That's funny because the first operating system I used (Apple DOS 3.3) was very liberal about file names. There was a 30-character limit which was a lot, and it didn't mind spaces in file names. Even control characters were fair game, which made things fun when you accidentally inserted a ^A in a SAVE command.
File names shouldn't have anything except a-z,0-9,_ and perhaps a -. No unicode, no spaces, no nulls.
It's not fear that keeps me from using spaces in file names, it's habit.
If we're going to play this dangerous game, from now on I'll figure out how to use nulls (\0) in my file names, and make all the C/C++ programmers cry.
I don't use spaces because it's so much faster to type filenames out (including with TAB-completion) in the terminal.
I do, however, use Cyrillic (UTF-8) in filenames, and I regularly try out if moving a file into ASCII-path will let some programs open it (half the time it's that when I am having trouble).
It's just such a pain in the butt to work with files with spaces. In a script it's fine b/c I just surround it in double quotes, but on the command line I hate having to escape the spaces.

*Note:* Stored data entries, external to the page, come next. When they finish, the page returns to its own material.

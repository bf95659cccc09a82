-- ===== src/Lease/Slot.antt =====
-- What each committed call does to the one active lease.
use prep_watchdeck.Prelude.{
  ℕ, ◌+◌, ◌≤◌, ◌≡◌, refl, ◌∙◌, inl, inr, Bool, true, false, not, ◌&&◌, ◌||◌, String, Option, none,
  some, List, arith, count, leb, ltb, ◌==◌, Bool-cases, Option-cases, if◌then◌else◌, Result, ok,
  err, raise_if, >>-eq-ok,
}
use prep_watchdeck.Time.{DateTime}
use prep_watchdeck.Text.{is_blank, str_eq}
use prep_watchdeck.Lease.{
  SelectionLease, SelectionTransition, LeaseFault, changed_identity, unbounded_lease, empty_group,
  is_active, has_id, update_rows, update, insert, active_row, active_lease, extend, supersede,
  close_row, reactivate, replace_active, activate_row, found, expiry, require_utc, selection_ttl,
  activate_selection, heartbeat_selection, close_selection, is_uncleaned_by, mark_selection_cleaned,
}
use prep_watchdeck.Lease.Rows.{
  active_row-IsActive, extend_slot, count-end, end_slot, update_ok, insert_ok, bind_ok,
}

-- one call of the module, by any client
pub data LeaseCall : Type 0 where
  activates : ℕ → String → Option ℕ → DateTime → Option DateTime → LeaseCall
  heartbeats : ℕ → DateTime → LeaseCall
  closes : ℕ → DateTime → LeaseCall
  cleans : ℕ → DateTime → LeaseCall

abbrev table_of :
    {A : Type 0}
    → Result LeaseFault (A × List SelectionLease)
    → Result LeaseFault (List SelectionLease)
table_of (ok x) = ok x.1
table_of (err e) = err e

-- the table that a call commits
unfoldable pub committed : LeaseCall → List SelectionLease → Result LeaseFault (List SelectionLease)
committed (activates id group primary at expires) leases =
    table_of (activate_selection id group primary at expires leases)
committed (heartbeats id at) leases = table_of (heartbeat_selection id at leases)
committed (closes id at) leases = table_of (close_selection id at leases)
committed (cleans id at) leases = table_of (mark_selection_cleaned id at leases)

-- A slot for one lease: opened or moved on, moved on, emptied, untouched.
abbrev pub opens : SelectionLease → Option SelectionLease → Option SelectionLease
opens new none = some new
opens new (some a) =
    if has_id new.selection_id a then some (extend new.activated_at new.expires_at a) else some new

abbrev pub version_or_zero : Option ℕ → ℕ
version_or_zero none = 0
version_or_zero (some version) = version

unfoldable pub slot_step : LeaseCall → Option SelectionLease → Option SelectionLease
slot_step (activates id group primary at expires) slot =
    opens (active_lease id group (version_or_zero primary) at.instant (expiry at expires).instant)
      slot
slot_step (heartbeats id at) none = none
slot_step (heartbeats id at) (some a) = some (
    if has_id id a && leb a.heartbeat_at at.instant
    then extend at.instant (at.instant + selection_ttl) a
    else a)
slot_step (closes id at) none = none
slot_step (closes id at) (some a) = if has_id id a then none else some a
slot_step (cleans id at) slot = slot

-- what is active in the table, and that it is one lease at most
abbrev pub Holds : Option SelectionLease → List SelectionLease → Type 0
Holds slot leases = (active_row leases ≡ slot) × (count is_active leases ≤ 1)

reactivate-Holds :
    (old new : SelectionLease) (leases : List SelectionLease)
    (x : SelectionTransition × List SelectionLease)
    → active_row leases ≡ some old
    → count is_active leases ≤ 1
    → has_id new.selection_id old ≡ true
    → reactivate old new leases ≡ ok x
    → Holds (some (extend new.activated_at new.expires_at old)) x.1
unfolding reactivate
reactivate-Holds old new leases x a c e h =
    let (h1, r1) =
      >>-eq-ok
        (raise_if
          (not (str_eq old.group_id new.group_id)
            || not (old.primary_version == new.primary_version))
          changed_identity)
        _ h in
    let (u, is_u, k) =
      bind_ok (update (has_id new.selection_id) (extend new.activated_at new.expires_at) leases) _ x
        r1 in
    let rows =
      update_ok (has_id new.selection_id) (extend new.activated_at new.expires_at) leases u is_u in
    let (slot, active) =
      extend_slot (has_id new.selection_id) new.activated_at new.expires_at leases in
    let same : update_rows (has_id new.selection_id) (extend new.activated_at new.expires_at) leases
        ≡ x.1 =
      cc in
    rw (← same) (slot ∙ rw (a, e) refl, omega (arith, active))

replace_Holds :
    (old new : SelectionLease) (leases : List SelectionLease)
    (x : SelectionTransition × List SelectionLease)
    → is_active new ≡ true
    → replace_active old new leases ≡ ok x
    → Holds (some new) x.1
unfolding replace_active
replace_Holds old new leases x n h =
    let (u, is_u, k) =
      bind_ok (update (has_id old.selection_id) (supersede new.activated_at) leases) _ x h in
    let (inserted, i, m) = bind_ok (insert new u.0) _ x k in
    let same : inserted ≡ x.1 = cc m in rw (← same) (insert_ok new u.0 inserted n i)

activate_Holds :
    (o : Option SelectionLease) (new : SelectionLease) (leases : List SelectionLease)
    (x : SelectionTransition × List SelectionLease)
    → is_active new ≡ true
    → active_row leases ≡ o
    → count is_active leases ≤ 1
    → activate_row o new leases ≡ ok x
    → Holds (opens new o) x.1
unfolding activate_row
activate_Holds none new leases x n a c h =
    let (inserted, i, k) = bind_ok (insert new leases) _ x h in
    let same : inserted ≡ x.1 = cc k in rw (← same) (insert_ok new leases inserted n i)
activate_Holds (some old) new leases x n a c h = elim (Bool-cases (has_id new.selection_id old)) [
  | inl e ↦ rw e (reactivate-Holds old new leases x a c e (rw e at h))
  | inr e ↦ rw e (replace_Holds old new leases x n (rw e at h))
]

table_ok :
    {A : Type 0} (r : Result LeaseFault (A × List SelectionLease)) (x : List SelectionLease)
    → table_of r ≡ ok x
    → (a : A) × (r ≡ ok (a, x))
table_ok (ok (a, y)) x h = (a, cc)
table_ok (err e) x h = absurd (cc)

found_ok : (primary : Option ℕ) (version : ℕ) → found primary ≡ ok version → primary ≡ some version
found_ok none version h = absurd (cc)
found_ok (some v) version h = cc

activates_Holds :
    (id : ℕ) (group : String) (primary : Option ℕ) (at : DateTime) (expires : Option DateTime)
    (leases : List SelectionLease) (x : SelectionTransition × List SelectionLease)
    → count is_active leases ≤ 1
    → activate_selection id group primary at expires leases ≡ ok x
    → Holds (slot_step (activates id group primary at expires) (active_row leases)) x.1
unfolding activate_selection slot_step active_lease
activates_Holds id group primary at expires leases x c h =
    let end = (expiry at expires).instant in
    let (h1, r1) = >>-eq-ok (require_utc at) _ h in
    let (h2, r2) = >>-eq-ok (require_utc (expiry at expires)) _ r1 in
    let (h3, r3) =
      >>-eq-ok
        (raise_if (not (ltb at.instant end && leb end (at.instant + selection_ttl)))
          unbounded_lease)
        _ r2 in
    let (h4, r4) = >>-eq-ok (raise_if (is_blank group) empty_group) _ r3 in
    let (version, is_version, k) = bind_ok (found primary) _ x r4 in
    rw (found_ok primary version is_version) (
      activate_Holds (active_row leases) (active_lease id group version at.instant end) leases x
        refl refl c k)

moved_Holds :
    (chosen : SelectionLease → Bool) (heartbeat expires : ℕ) (leases : List SelectionLease)
    (o : Option SelectionLease)
    → count is_active leases ≤ 1
    → active_row leases ≡ o
    → Holds
        (elim o [
          | none ↦ none
          | some a ↦ some (if chosen a then extend heartbeat expires a else a)
        ])
        (update_rows chosen (extend heartbeat expires) leases)
moved_Holds chosen heartbeat expires leases o c a =
    let (slot, active) = extend_slot chosen heartbeat expires leases in
    (slot ∙ rw a refl, omega (arith, active))

heartbeats_Holds :
    (id : ℕ) (at : DateTime) (leases : List SelectionLease) (x : Bool × List SelectionLease)
    → count is_active leases ≤ 1
    → heartbeat_selection id at leases ≡ ok x
    → Holds (slot_step (heartbeats id at) (active_row leases)) x.1
unfolding heartbeat_selection slot_step
heartbeats_Holds id at leases x c h =
    let chosen =
      λ (l : SelectionLease). has_id id l && is_active l && leb l.heartbeat_at at.instant in
    let (h1, r1) = >>-eq-ok (require_utc at) _ h in
    let (u, is_u, k) =
      bind_ok (update chosen (extend at.instant (at.instant + selection_ttl)) leases) _ x r1 in
    let rows = update_ok chosen (extend at.instant (at.instant + selection_ttl)) leases u is_u in
    let same : update_rows chosen (extend at.instant (at.instant + selection_ttl)) leases ≡ x.1 =
      cc in
    rw (← same) (elim (Option-cases (active_row leases)) [
      | inl e ↦ rw e (moved_Holds chosen at.instant (at.instant + selection_ttl) leases none c e)
      | inr (a, e) ↦ rw e (
          ground (
            arith,
            moved_Holds chosen at.instant (at.instant + selection_ttl) leases (some a) c e,
            active_row-IsActive leases a e,
          ))
    ])

ended_Holds :
    (chosen : SelectionLease → Bool) (change : SelectionLease → SelectionLease)
    (leases : List SelectionLease) (o : Option SelectionLease)
    → ((l : SelectionLease) → chosen l ≡ true → is_active (change l) ≡ false)
    → count is_active leases ≤ 1
    → active_row leases ≡ o
    → Holds
        (elim o [ none ↦ none | some a ↦ if chosen a then none else some a ])
        (update_rows chosen change leases)
ended_Holds chosen change leases o ends c a = (
  end_slot chosen change ends leases c ∙ rw a refl,
  omega (arith, count-end chosen change ends leases),
)

closes_Holds :
    (id : ℕ) (at : DateTime) (leases : List SelectionLease) (x : Bool × List SelectionLease)
    → count is_active leases ≤ 1
    → close_selection id at leases ≡ ok x
    → Holds (slot_step (closes id at) (active_row leases)) x.1
unfolding close_selection slot_step
closes_Holds id at leases x c h =
    let chosen = λ (l : SelectionLease). has_id id l && is_active l in
    let (h1, r1) = >>-eq-ok (require_utc at) _ h in
    let (u, is_u, k) = bind_ok (update chosen (close_row at.instant) leases) _ x r1 in
    let rows = update_ok chosen (close_row at.instant) leases u is_u in
    let same : update_rows chosen (close_row at.instant) leases ≡ x.1 = cc in
    rw (← same) (elim (Option-cases (active_row leases)) [
      | inl e ↦ rw e (ended_Holds chosen (close_row at.instant) leases none (λ l k. refl) c e)
      | inr (a, e) ↦ rw e (
          ground (
            arith,
            ended_Holds chosen (close_row at.instant) leases (some a) (λ l k. refl) c e,
            active_row-IsActive leases a e,
          ))
    ])

uncleaned-ended :
    (id at : ℕ) (l : SelectionLease)
    → (has_id id l && is_uncleaned_by at l.superseded_at l.cleaned_at) ≡ true
    → is_active l ≡ false
uncleaned-ended id at l h = elim (Option-cases l.superseded_at) [
  | inl e ↦ absurd (ground (arith, e, h))
  | inr (superseded, e) ↦ ground (arith, e)
]

cleans_Holds :
    (id : ℕ) (at : DateTime) (leases : List SelectionLease) (x : Bool × List SelectionLease)
    → count is_active leases ≤ 1
    → mark_selection_cleaned id at leases ≡ ok x
    → Holds (slot_step (cleans id at) (active_row leases)) x.1
unfolding mark_selection_cleaned slot_step
cleans_Holds id at leases x c h =
    let chosen = λ (l : SelectionLease).
      has_id id l && is_uncleaned_by at.instant l.superseded_at l.cleaned_at in
    let change = λ (l : SelectionLease). record l { cleaned_at = some at.instant } in
    let (h1, r1) = >>-eq-ok (require_utc at) _ h in
    let (u, is_u, k) = bind_ok (update chosen change leases) _ x r1 in
    let rows = update_ok chosen change leases u is_u in
    let same : update_rows chosen change leases ≡ x.1 = cc in
    let ends = λ (l : SelectionLease) (e : chosen l ≡ true). uncleaned-ended id at.instant l e in
    rw (← same) (elim (Option-cases (active_row leases)) [
      | inl e ↦ rw e (ended_Holds chosen change leases none ends c e)
      | inr (a, e) ↦ rw e (
          ground (
            arith,
            ended_Holds chosen change leases (some a) ends c e,
            active_row-IsActive leases a e,
          ))
    ])

pub call_Holds :
    (c : LeaseCall) (leases x : List SelectionLease)
    → count is_active leases ≤ 1
    → committed c leases ≡ ok x
    → Holds (slot_step c (active_row leases)) x
unfolding committed
call_Holds (activates id group primary at expires) leases x c h =
    let (r, e) = table_ok (activate_selection id group primary at expires leases) x h in
    activates_Holds id group primary at expires leases (r, x) c e
call_Holds (heartbeats id at) leases x c h =
    let (r, e) = table_ok (heartbeat_selection id at leases) x h in
    heartbeats_Holds id at leases (r, x) c e
call_Holds (closes id at) leases x c h =
    let (r, e) = table_ok (close_selection id at leases) x h in closes_Holds id at leases (r, x) c e
call_Holds (cleans id at) leases x c h =
    let (r, e) = table_ok (mark_selection_cleaned id at leases) x h in
    cleans_Holds id at leases (r, x) c e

This might already exist, but I wonder about a terminal that was really just a multi-line repl to a language. It would be preloaded with libraries that replicated all the features of the gnu core utils, but instead of calling grep like normal, you called a function like grep("args"). The advantage would be that you had access to a full blown programming language at all times. So when you needed to do something more complicated you would still have access to all the standard language features. And when you didn't need that, your canned core utils like functions would work
Coming from web-heavy and perl5 backgrounds, it's insane to me that people don't treat filenames and arguments and environment variables as tainted user input, and just blindly trust properties about them like "does not contain whitespace or control characters".

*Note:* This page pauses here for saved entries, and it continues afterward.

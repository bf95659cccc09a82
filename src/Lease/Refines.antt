-- ===== src/Lease/Refines.antt =====
-- The table of leases refines a single slot: whatever is committed acts on one active lease.
use prep_watchdeck.Prelude.{
  ◌≤◌, ◌≡◌, ◌⊎◌, refl, inl, inr, Option, List, [], ◌∷◌, count, Result, ok, err,
}
use prep_watchdeck.Lease.{SelectionLease, LeaseFault, is_active, active_row}
use prep_watchdeck.Lease.Slot.{LeaseCall, committed, slot_step, Holds, call_Holds}

-- Calls one after another: the table, and the calls that were committed. A call that raises is rolled
-- back.
unfoldable pub run : List LeaseCall → List SelectionLease → List SelectionLease × List LeaseCall
run [] leases = (leases, [])
run (c ∷ calls) leases = elim (committed c leases) [
  | err e ↦ run calls leases
  | ok leases' ↦ let (end, log) = run calls leases' in (end, c ∷ log)
]

unfoldable pub replay : List LeaseCall → Option SelectionLease → Option SelectionLease
replay [] slot = slot
replay (c ∷ calls) slot = replay calls (slot_step c slot)

Result-cases :
    {A : Type 0} (r : Result LeaseFault A)
    → ((a : A) × (r ≡ ok a)) ⊎ ((e : LeaseFault) × (r ≡ err e))
Result-cases (ok a) = inl (a, refl)
Result-cases (err e) = inr (e, refl)

-- From a table with at most one active lease, after any calls, the active lease is the one that the
-- slot holds after the committed calls alone; and still at most one lease is active.
pub run_refines :
    (calls : List LeaseCall) (leases : List SelectionLease)
    → count is_active leases ≤ 1
    → Holds (replay (run calls leases).1 (active_row leases)) (run calls leases).0
unfolding run replay
run_refines [] leases c = (refl, c)
run_refines (call ∷ calls) leases c = elim (Result-cases (committed call leases)) [
  | inr (e, k) ↦ rw (k, run) (run_refines calls leases c)
  | inl (x, k) ↦
      let (slot, active) = call_Holds call leases x c k in
      rw (k, run) (rw slot at (run_refines calls x active))
]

I had to move my development folders because you can't develop Android apps if your project path contains a space. Not sure where the issue is, if it's gradle or something else.

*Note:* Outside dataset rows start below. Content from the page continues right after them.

-- ===== src/Lease/Tests.antt =====
-- Leases of two selections, and the theorems at them.
use prep_watchdeck.Prelude.{
  ℕ, ◌≡◌, ◌≢◌, refl, true, false, String, none, some, List, [], ◌∷◌, arith, err, if◌then◌else◌,
}
use prep_watchdeck.Time.{DateTime, utc}
use prep_watchdeck.Text.{str_eq}
use prep_watchdeck.Decimal.{plus, one_unit}
use prep_watchdeck.Venue.{bitget}
use prep_watchdeck.Catalog.{CatalogInstrument, base, quantity_normalizable}
use prep_watchdeck.Depth.{validate_selected_instrument}
use prep_watchdeck.Lease.{
  SelectionLease, second_active, bad_row, activate_selection, heartbeat_selection,
  mark_selection_cleaned, active_row, is_row_valid,
}
use prep_watchdeck.Lease.Slot.{LeaseCall, activates, heartbeats, cleans, committed, Holds}
use prep_watchdeck.Lease.Refines.{run, replay, run_refines}
use prep_watchdeck.Lease.Cleaning.{activate_keeps_index, superseded_row, late_cleanup_raises}
use prep_watchdeck.Lease.Ids.{parse_instrument_id, instrument_id, parse-instrument_id}
use prep_watchdeck.Lease.Members.{is_eligible, validated_eligible}

abbrev at : ℕ → DateTime
at n = record { instant = n; zone = utc }

abbrev first_lease : SelectionLease
first_lease = record {
  selection_id = 1;
  group_id = "g";
  primary_version = 7;
  activated_at = 100;
  heartbeat_at = 100;
  expires_at = 900000100;
  superseded_at = none;
  cleanup_deadline_at = none;
  cleaned_at = none;
}

abbrev calls : List LeaseCall
calls =
    activates 1 "g" (some 7) (at 100) none
    ∷ heartbeats 1 (at 50)
    ∷ activates 2 "h" (some 8) (at 300) none
    ∷ cleans 1 (at 20000000)
    ∷ cleans 1 (at 400)
    ∷ []

-- The acknowledgement that comes too late is not committed.
calls_committed :
    (run calls []).1
    ≡ activates 1 "g" (some 7) (at 100) none
      ∷ heartbeats 1 (at 50)
      ∷ activates 2 "h" (some 8) (at 300) none
      ∷ cleans 1 (at 400)
      ∷ []
unfolding run committed activate_selection heartbeat_selection mark_selection_cleaned
calls_committed = refl

run_refines_example : Holds (replay (run calls []).1 (active_row [])) (run calls []).0
run_refines_example = run_refines calls [] (omega arith)

activate_keeps_index_example :
    activate_selection 2 "h" (some 8) (at 300) none (first_lease ∷ []) ≢ err second_active
activate_keeps_index_example =
    activate_keeps_index 2 "h" (some 8) (at 300) none (first_lease ∷ []) (omega arith)

-- what the first lease is superseded by
abbrev second_lease : SelectionLease
second_lease = record {
  selection_id = 2;
  group_id = "h";
  primary_version = 8;
  activated_at = 300;
  heartbeat_at = 300;
  expires_at = 900000300;
  superseded_at = none;
  cleanup_deadline_at = none;
  cleaned_at = none;
}

late_cleanup_raises_example :
    mark_selection_cleaned 1 (at 20000000) (superseded_row first_lease 300 ∷ second_lease ∷ [])
    ≡ err bad_row
unfolding is_row_valid
late_cleanup_raises_example =
    late_cleanup_raises [] (second_lease ∷ []) first_lease 300 (at 20000000) refl refl refl refl
      (omega arith)

parse-instrument_id_example :
    parse_instrument_id (instrument_id bitget "BTC:USDT") ≡ some (bitget, "BTC:USDT")
parse-instrument_id_example = parse-instrument_id bitget "BTC:USDT" refl

abbrev upper : String → String
upper asset = if str_eq asset "usdt" then "USDT" else asset

abbrev instrument : CatalogInstrument
instrument = record {
  venue = bitget;
  source_symbol = "BTCUSDT";
  active = true;
  source_status = "live";
  asset_class = "crypto";
  market_type = "linear_perpetual";
  execution_model = "clob";
  base_asset = "BTC";
  quote_asset = "usdt";
  settle_asset = "USDT";
  collateral_asset = some "USDT";
  quantity_unit = base;
  contract_multiplier = some (record { value = plus one_unit; text = "1" });
  price_tick = none;
  amount_step = none;
  funding_interval_seconds = none;
  raw_definition = record {
    identity_evidence = none;
    quantity_evidence = none;
    alias_required = false;
  };
}

validated_eligible_example :
    is_eligible upper (record { version = 7; instrument = instrument; valid_to = none }) ≡ true
unfolding validate_selected_instrument quantity_normalizable
validated_eligible_example = validated_eligible upper instrument 7 refl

Edit: thinking about it again, it might not have even been the space but the exclamation mark in my path. Or both.
If any of you reading this have to deal with very large scale data pipelines for data science / ML type processing, and if "don't use spaces and weird chars in file names" hasn't become second nature by now, let me just say: you are very, very brave.
My first job as a SW Eng was in 1989 in the nuclear industry. Our folders and files were limited to 8 letters. So names were effectively acronyms. It was actually pretty awesome. Clean and concise. Years later, I still remembered the whole folder structure.
If you're in tech long enough, you can be traumatized by anything. Like the time a vendor-supplied system decided after an update that nothing could have a hyphen in the title, and a lot of existing content just... broke at once. Fun times.
Spaces in file names are a nightmare in Makefiles.
Not if you are careful (a bit like "$@" vs $@ in shell scripts).
Edit: replace $@ with quoted version which actually changes the behavior (I was wrong that the difference is between $* and $@).
I don’t think it’s fair to claim that any Make implementation supports spaces: there are too many fundamental bugs and breakages, so that lots of rather important Make functionality is off-limits if any of your file names will have spaces.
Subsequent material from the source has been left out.